Can you print every record below exactly as written?

►

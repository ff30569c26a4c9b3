-- ===== src/Prometheus/Exposition.antt =====
-- internal/prometheus/prometheus.go: Parse, over a body's bytes and the error that its reader ends
-- with. The handler takes a state and returns it changed; bufio.Scanner's lines are a list.
pub mod Invariant
pub mod Lines
pub mod RoundTrip
use statlite.Result.{Result, ok, err}
use statlite.Float.{Float64}
use statlite.Bytes.{Bytes, ascii, bytes_eq, has_prefix, trim_space, is_nil}
use statlite.Prometheus.{
  Limits, validate_limits, FailureClass, malformed, unsafe, Format, text_format, openmetrics_format,
  is_openmetrics, Sample, LineError, is_limit_exceeded,
}
use statlite.Prometheus.Samples.{FloatText, parse_sample}
use statlite.Prelude.{
  ℕ, ◌+◌, ◌-◌, Bool, true, false, not, ◌&&◌, Option, none, some, List, [], ◌∷◌, ◌++◌, ltb, leb,
  ◌==◌, if◌then◌else◌, is_some, length, take, last?,
}

-- Why a reader stops before the end. `too_large` wraps errLimitExceeded. An error comes with the
-- last bytes; io.EOF comes after them.
pub data ReadError : Type 0 where
  too_large interrupted : ReadError

pub record Body : Type 0 where
  pub bytes : Bytes
  pub error : Option ReadError

-- A counting reader passes one byte more than its limit on, with an error.
unfoldable pub counting_reader : ℕ → Body → Body
counting_reader limit body =
    if ltb limit (length body.bytes)
    then record { bytes = take (limit + 1) body.bytes; error = some too_large }
    else body

pub data ScanError : Type 0 where
  too_long : ScanError
  read : ReadError → ScanError

pub record Scan : Type 0 where
  pub lines : List Bytes
  pub error : Option ScanError

abbrev pub drop_cr : Bytes → Bytes
drop_cr [] = []
drop_cr (c ∷ []) = if c == b'\r' then [] else c ∷ []
drop_cr (c ∷ d ∷ s) = c ∷ drop_cr (d ∷ s)

abbrev pub scan_error : Option ReadError → Option ScanError
scan_error none = none
scan_error (some e) = some (read e)

abbrev pub add_line : Bytes → Scan → Scan
add_line line scan = record scan { lines = drop_cr line ∷ scan.lines }

abbrev pub last_line : Bytes → Option ReadError → Scan
last_line [] e = record { lines = []; error = scan_error e }
last_line (c ∷ s) e = record { lines = drop_cr (c ∷ s) ∷ []; error = scan_error e }

-- bufio.ScanLines over a buffer with `room` bytes left for the open line. A full buffer is an error,
-- unless its reader has ended too.
unfoldable pub scan_lines : ℕ → ℕ → Option ReadError → Bytes → Bytes → Scan
scan_lines size room e line [] = last_line line e
scan_lines size room e line (c ∷ s) =
    let next = scan_lines size size e [] s in
    let more = scan_lines size (room - 1) e (line ++ c ∷ []) s in
    if c == b'\n'
    then add_line line next
    else if leb room 1 && not (is_nil s && is_some e)
    then record { lines = []; error = some too_long }
    else more

-- The buffer has 64 KiB at first and grows to the limit on the body.
abbrev pub buffer_size : Limits → ℕ
buffer_size limits =
    if ltb 65_536 (limits.max_decompressed_bytes + 1)
    then limits.max_decompressed_bytes + 1
    else 65_536

pub data ParseError (E : Type 0) : Type 0 where
  invalid_limits : ParseError E
  data_after_eof : ParseError E
  invalid_sample : FailureClass → LineError → ParseError E
  sample_limit_exceeded : ParseError E
  handler_failed : E → ParseError E
  reading_failed : FailureClass → ParseError E
  not_terminated : ParseError E
  missing_eof : ParseError E

-- What Parse returns, with the state that its handler is left in.
pub record Parsed (S E : Type 0) : Type 0 where
  pub samples : ℕ
  pub saw_eof : Bool
  pub state : S
  pub error : Option (ParseError E)

abbrev pub sample_class : LineError → FailureClass
sample_class e = if is_limit_exceeded e then unsafe else malformed

abbrev pub read_class : ScanError → FailureClass
read_class too_long = malformed
read_class (read too_large) = unsafe
read_class (read interrupted) = malformed

-- tracked.readAny && tracked.last != '\n'
abbrev pub is_unterminated : Bytes → Bool
is_unterminated s = elim (last? s) [ none ↦ false | some c ↦ not (c == b'\n') ]

module _ {S E : Type 0} where
  abbrev pub fail : Parsed S E → ParseError E → Parsed S E
  fail p e = record p { error = some e }

  abbrev pub handled : Parsed S E → Result E S → Parsed S E
  handled p (ok state) = record p { state = state }
  handled p (err e) = fail p (handler_failed e)

  abbrev pub ended : Format → Bytes → Parsed S E → Option ScanError → Parsed S E
  ended format bytes p (some e) = fail p (reading_failed (read_class e))
  ended format bytes p none =
      if not (is_openmetrics format) && is_unterminated bytes
      then fail p not_terminated
      else if is_openmetrics format && not p.saw_eof
      then fail p missing_eof
      else p

module _ {F S E : Type 0} ⦃fl : Float64 F⦄ ⦃ft : FloatText F⦄ where
  abbrev pub accept_sample :
      (S → Sample F → Result E S) → Limits → Parsed S E → Result LineError (Sample F) → Parsed S E
  accept_sample handler limits p (err e) = fail p (invalid_sample (sample_class e) e)
  accept_sample handler limits p (ok sample) =
      let counted = record p { samples = p.samples + 1 } in
      if ltb limits.max_samples counted.samples
      then fail counted sample_limit_exceeded
      else handled counted (handler counted.state sample)

  -- A round of the loop.
  unfoldable pub parse_line :
      (S → Sample F → Result E S) → Format → Limits → Parsed S E → Bytes → Parsed S E
  parse_line handler format limits p text =
      let line = trim_space text in
      if is_nil line
      then p
      else if p.saw_eof
      then fail p data_after_eof
      else if bytes_eq line (ascii "# EOF")
      then record p { saw_eof = true }
      else if has_prefix line (ascii "#")
      then p
      else accept_sample handler limits p (parse_sample F line format limits)

  unfoldable pub parse_lines :
      (S → Sample F → Result E S) → Format → Limits → Parsed S E → List Bytes → Parsed S E
  parse_lines handler format limits p [] = p
  parse_lines handler format limits p (line ∷ lines) =
      let next = parse_line handler format limits p line in
      let rest = parse_lines handler format limits next lines in
      if is_some next.error then next else rest

  -- The handler is never nil here: one that returns its state unchanged is no handler.
  unfoldable pub parse : (S → Sample F → Result E S) → S → Body → Format → Limits → Parsed S E
  unfolding parse_lines scan_lines
  parse handler state body format limits =
      let initial : Parsed S E = record {
        samples = 0;
        saw_eof = false;
        state = state;
        error = none;
      } in
      let scan = scan_lines (buffer_size limits) (buffer_size limits) body.error [] body.bytes in
      let read_all = parse_lines handler format limits initial scan.lines in
      if not (validate_limits limits)
      then fail initial invalid_limits
      else if is_some read_all.error
      then read_all
      else ended format body.bytes read_all scan.error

◄

■ **Response for this exercise**:
repository ff30569c26a4c9b3
-- ===== src/Prometheus/Exposition.antt =====
-- internal/prometheus/prometheus.go: Parse, over a body's bytes and the error that its reader ends
-- with. The handler takes a state and returns it changed; bufio.Scanner's lines are a list.
pub mod Invariant
pub mod Lines
pub mod RoundTrip
use statlite.Result.{Result, ok, err}
use statlite.Float.{Float64}
use statlite.Bytes.{Bytes, ascii, bytes_eq, has_prefix, trim_space, is_nil}
use statlite.Prometheus.{
  Limits, validate_limits, FailureClass, malformed, unsafe, Format, text_format, openmetrics_format,
  is_openmetrics, Sample, LineError, is_limit_exceeded,
}
use statlite.Prometheus.Samples.{FloatText, parse_sample}
use statlite.Prelude.{
  ℕ, ◌+◌, ◌-◌, Bool, true, false, not, ◌&&◌, Option, none, some, List, [], ◌∷◌, ◌++◌, ltb, leb,
  ◌==◌, if◌then◌else◌, is_some, length, take, last?,
}

-- Why a reader stops before the end. `too_large` wraps errLimitExceeded. An error comes with the
-- last bytes; io.EOF comes after them.
pub data ReadError : Type 0 where
  too_large interrupted : ReadError

pub record Body : Type 0 where
  pub bytes : Bytes
  pub error : Option ReadError

-- A counting reader passes one byte more than its limit on, with an error.
unfoldable pub counting_reader : ℕ → Body → Body
counting_reader limit body =
    if ltb limit (length body.bytes)
    then record { bytes = take (limit + 1) body.bytes; error = some too_large }
    else body

pub data ScanError : Type 0 where
  too_long : ScanError
  read : ReadError → ScanError

pub record Scan : Type 0 where
  pub lines : List Bytes
  pub error : Option ScanError

abbrev pub drop_cr : Bytes → Bytes
drop_cr [] = []
drop_cr (c ∷ []) = if c == b'\r' then [] else c ∷ []
drop_cr (c ∷ d ∷ s) = c ∷ drop_cr (d ∷ s)

abbrev pub scan_error : Option ReadError → Option ScanError
scan_error none = none
scan_error (some e) = some (read e)

abbrev pub add_line : Bytes → Scan → Scan
add_line line scan = record scan { lines = drop_cr line ∷ scan.lines }

abbrev pub last_line : Bytes → Option ReadError → Scan
last_line [] e = record { lines = []; error = scan_error e }
last_line (c ∷ s) e = record { lines = drop_cr (c ∷ s) ∷ []; error = scan_error e }

-- bufio.ScanLines over a buffer with `room` bytes left for the open line. A full buffer is an error,
-- unless its reader has ended too.
unfoldable pub scan_lines : ℕ → ℕ → Option ReadError → Bytes → Bytes → Scan
scan_lines size room e line [] = last_line line e
scan_lines size room e line (c ∷ s) =
    let next = scan_lines size size e [] s in
    let more = scan_lines size (room - 1) e (line ++ c ∷ []) s in
    if c == b'\n'
    then add_line line next
    else if leb room 1 && not (is_nil s && is_some e)
    then record { lines = []; error = some too_long }
    else more

-- The buffer has 64 KiB at first and grows to the limit on the body.
abbrev pub buffer_size : Limits → ℕ
buffer_size limits =
    if ltb 65_536 (limits.max_decompressed_bytes + 1)
    then limits.max_decompressed_bytes + 1
    else 65_536

pub data ParseError (E : Type 0) : Type 0 where
  invalid_limits : ParseError E
  data_after_eof : ParseError E
  invalid_sample : FailureClass → LineError → ParseError E
  sample_limit_exceeded : ParseError E
  handler_failed : E → ParseError E
  reading_failed : FailureClass → ParseError E
  not_terminated : ParseError E
  missing_eof : ParseError E

-- What Parse returns, with the state that its handler is left in.
pub record Parsed (S E : Type 0) : Type 0 where
  pub samples : ℕ
  pub saw_eof : Bool
  pub state : S
  pub error : Option (ParseError E)

abbrev pub sample_class : LineError → FailureClass
sample_class e = if is_limit_exceeded e then unsafe else malformed

abbrev pub read_class : ScanError → FailureClass
read_class too_long = malformed
read_class (read too_large) = unsafe
read_class (read interrupted) = malformed

-- tracked.readAny && tracked.last != '\n'
abbrev pub is_unterminated : Bytes → Bool
is_unterminated s = elim (last? s) [ none ↦ false | some c ↦ not (c == b'\n') ]

module _ {S E : Type 0} where
  abbrev pub fail : Parsed S E → ParseError E → Parsed S E
  fail p e = record p { error = some e }

  abbrev pub handled : Parsed S E → Result E S → Parsed S E
  handled p (ok state) = record p { state = state }
  handled p (err e) = fail p (handler_failed e)

  abbrev pub ended : Format → Bytes → Parsed S E → Option ScanError → Parsed S E
  ended format bytes p (some e) = fail p (reading_failed (read_class e))
  ended format bytes p none =
      if not (is_openmetrics format) && is_unterminated bytes
      then fail p not_terminated
      else if is_openmetrics format && not p.saw_eof
      then fail p missing_eof
      else p

module _ {F S E : Type 0} ⦃fl : Float64 F⦄ ⦃ft : FloatText F⦄ where
  abbrev pub accept_sample :
      (S → Sample F → Result E S) → Limits → Parsed S E → Result LineError (Sample F) → Parsed S E
  accept_sample handler limits p (err e) = fail p (invalid_sample (sample_class e) e)
  accept_sample handler limits p (ok sample) =
      let counted = record p { samples = p.samples + 1 } in
      if ltb limits.max_samples counted.samples
      then fail counted sample_limit_exceeded
      else handled counted (handler counted.state sample)

  -- A round of the loop.
  unfoldable pub parse_line :
      (S → Sample F → Result E S) → Format → Limits → Parsed S E → Bytes → Parsed S E
  parse_line handler format limits p text =
      let line = trim_space text in
      if is_nil line
      then p
      else if p.saw_eof
      then fail p data_after_eof
      else if bytes_eq line (ascii "# EOF")
      then record p { saw_eof = true }
      else if has_prefix line (ascii "#")
      then p
      else accept_sample handler limits p (parse_sample F line format limits)

  unfoldable pub parse_lines :
      (S → Sample F → Result E S) → Format → Limits → Parsed S E → List Bytes → Parsed S E
  parse_lines handler format limits p [] = p
  parse_lines handler format limits p (line ∷ lines) =
      let next = parse_line handler format limits p line in
      let rest = parse_lines handler format limits next lines in
      if is_some next.error then next else rest

  -- The handler is never nil here: one that returns its state unchanged is no handler.
  unfoldable pub parse : (S → Sample F → Result E S) → S → Body → Format → Limits → Parsed S E
  unfolding parse_lines scan_lines
  parse handler state body format limits =
      let initial : Parsed S E = record {
        samples = 0;
        saw_eof = false;
        state = state;
        error = none;
      } in
      let scan = scan_lines (buffer_size limits) (buffer_size limits) body.error [] body.bytes in
      let read_all = parse_lines handler format limits initial scan.lines in
      if not (validate_limits limits)
      then fail initial invalid_limits
      else if is_some read_all.error
      then read_all
      else ended format body.bytes read_all scan.error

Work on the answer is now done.